HIGHER TAXES AND GOVERNMENT SERVICES


Given the recent attention to “millionaire’s tax” proposals, I have been asked about higher tax rates on high-income individuals. Whether I support paying higher taxes depends on whether government is spending those tax revenues wisely.

We have many unmet societal needs for which increased government spending could be helpful. In fact, we spend too little on public transportation, supportive housing for people ready to leave homeless shelters, but not ready to pay for market-rate housing, and cutting-edge medical diagnostic tests.

When government taxes us to address unmet needs cost-efficiently, then I should pay my fair share to meeting those needs. However, I see far too many cases in which taxes are effectively transferring income from higher-paid individuals who are creating jobs and livelihoods for other people to high-paid government employees trapped in extremely inefficient, poor-quality government-run systems.

I do not bash unionized government employees or civil servants protected by laws and regulations. They did not unilaterally put themselves into dysfunctional systems and structures, and they often can be change agents for improvement. Typically, elected or appointed leaders created collective bargaining agreements that trap individuals into jobs not designed optimally to deliver services. These same leaders set spending priorities that deny these unionized or civil service employees the ability to do their jobs, or make decisions that improve a government’s financial position in the short term, but create huge problems for their successors.

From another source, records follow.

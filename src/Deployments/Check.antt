-- ===== src/Deployments/Check.antt =====
-- The reservation checks of app/services/deployment_service.py: `_release_asset_from_planning_deployment`,
-- `assert_asset_available_for_deployment`, `_pick_assets_for_auto_assign` and `get_deployment`.
use feature_asset_inventory.Base.{
  ℕ, Bool, ◌&&◌, not, Option, none, some, List, ◌==◌, first, select, if◌then◌else◌,
}
use feature_asset_inventory.Base.Http.{
  Result, ok, err, or_raise, not_found, conflict, asset_on_shipment, asset_on_deployment,
  deployment_planning, deployment_not_found,
}
use feature_asset_inventory.Store.{Store}
use feature_asset_inventory.Store.Types.{is_planning, is_in_progress}
use feature_asset_inventory.Store.Table.{get_row}
use feature_asset_inventory.Store.Rows.{Asset, Deployment, DeploymentItem, deployment_row}
use feature_asset_inventory.Store.Session.{Action, pure, query, modify, ◌>>=◌, ◌>>◌}
use feature_asset_inventory.Reservation.{
  on_deployment, active_deployment_for_asset, active_shipment_for_asset, reserved_by_shipment,
  reserved_by_deployment, available_clauses,
}
use feature_asset_inventory.Reservation.AutoAssign.{AutoAssign, pick_assets}

abbrev pub get_deployment : ℕ → Store → Result Deployment
get_deployment deployment_id db =
    or_raise (get_row deployment_id db.deployments) (not_found deployment_not_found)

-- Another deployment in `planning` that lists the asset.
unfoldable pub other_planning : Store → ℕ → ℕ → Option Deployment
other_planning db asset_id exclude_deployment_id =
    first
      (λ d.
        on_deployment db.deployment_items d.id asset_id
        && not (d.id == exclude_deployment_id)
        && is_planning d.status)
      db.deployments

-- `DELETE FROM deployment_items` for one deployment and one asset.
unfoldable pub without_item : ℕ → ℕ → List DeploymentItem → List DeploymentItem
without_item deployment_id asset_id =
    select (λ i. not (i.deployment_id == deployment_id && i.asset_id == asset_id))

release_from : Option Deployment → ℕ → Action (Option ℕ)
release_from none asset_id = pure none
release_from (some other) asset_id = do
  modify (λ db. record db { deployment_items = without_item other.id asset_id db.deployment_items })
  pure (some other.id)

-- The id of the deployment that the asset was taken from, if there was one.
unfoldable pub release_asset_from_planning_deployment : ℕ → ℕ → Action (Option ℕ)
unfolding release_from
release_asset_from_planning_deployment asset_id exclude_deployment_id = do
  other ← query (λ db. ok (other_planning db asset_id exclude_deployment_id))
  release_from other asset_id

-- No active deployment but this one has the asset: an active shipment may still have it.
check_shipments : ℕ → Option ℕ → Store → Result (Option ℕ)
check_shipments asset_id deployment_id db =
    elim (active_shipment_for_asset db asset_id deployment_id) [
      | some other ↦ err (conflict (asset_on_shipment asset_id other.id other.tracking_number))
      | none ↦ ok none
    ]

-- `deployment_id or 0`
abbrev pub or_zero : Option ℕ → ℕ
or_zero none = 0
or_zero (some n) = n

check_deployment : Option Deployment → ℕ → Option ℕ → Bool → Action (Option ℕ)
unfolding release_asset_from_planning_deployment check_shipments
check_deployment none asset_id deployment_id force = query (check_shipments asset_id deployment_id)
check_deployment (some other) asset_id deployment_id force =
    if is_in_progress other.status
    then query (λ db. err (conflict (asset_on_deployment asset_id other.id other.name)))
    else if not force
    then query (λ db. err (conflict (deployment_planning other.id other.name)))
    else release_asset_from_planning_deployment asset_id (or_zero deployment_id)

-- The result is `released_from_deployment_id`. The caller does not read the other key, `conflict`.
unfoldable pub assert_asset_available_for_deployment : ℕ → Option ℕ → Bool → Action (Option ℕ)
unfolding check_deployment
assert_asset_available_for_deployment asset_id deployment_id force = do
  other_deploy ← query (λ db. ok (active_deployment_for_asset db asset_id deployment_id))
  check_deployment other_deploy asset_id deployment_id force

unfoldable pub pick_for_deployment : Store → AutoAssign → List Asset
pick_for_deployment db =
    pick_assets
      (λ a.
        not (reserved_by_deployment db a.id)
        && not (reserved_by_shipment db a.id)
        && available_clauses db a)
      db.assets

Our human service delivery systems work in spite of dysfunctional government practices and regulations. Having spent significant time the last several months with people in the not-for-profit human services sector, I have seen people performing heroically to help others, while being dragged down by complex, misdirected, and costly government processes. I have particularly noticed that a non-profit that deals with a homeless person who has mental health, addiction, and chronic disease problems, which is a frequent occurrence, is dealing with multiple and unconnected government-mandated software systems and processes. Why the U.S. Department of Housing and Urban Development and state departments of mental health, addiction, and social services cannot have a single view of the person they are serving is beyond me.

Elderly individuals reside in very expensive nursing homes instead of being placed in their own homes or in less staff-intensive group home settings. I am told that government employees and managers resist this alternative because it means fewer jobs for them. While remote care alternatives may have been inferior a generation ago, the right remote care alternative, combined with a less staff-intensive group home, is probably better for many elderly individuals.

Government works best when it sets ambitious goals which reflect the popular will and when it regulates the outer boundaries of acceptable behavior by individuals or organizations. It works most poorly when it attempts to micromanage the private sector, or takes over operation of a function itself. It is particularly dysfunctional in an area like medical payment systems, because medical science is moving far faster than government processes can react.

For example, the disease classification system on which our Medicare and Medicaid reimbursement systems are based is fundamentally 34 years old. This system, called the ICD9 system (which stands for the 9th revision of the international disease classification system), was implemented in 1975. While there have been many modifications and additions to it since then, it is not scheduled for fundamental overhaul until the ICD10 system comes into place in 2014.

During the last 34 years, many highly-effective diagnostic tests have been introduced, but their acceptance by CMS, the government body that manages Medicare and Medicaid, takes years, if acceptance happens at all.

Government employees are not incompetent or uncaring. Their slowness of reaction results from the need to follow rigorous processes to insure “fairness” and ample opportunity for public comment. While those are laudable goals, they do not allow for fast response to new learning’s about medicine.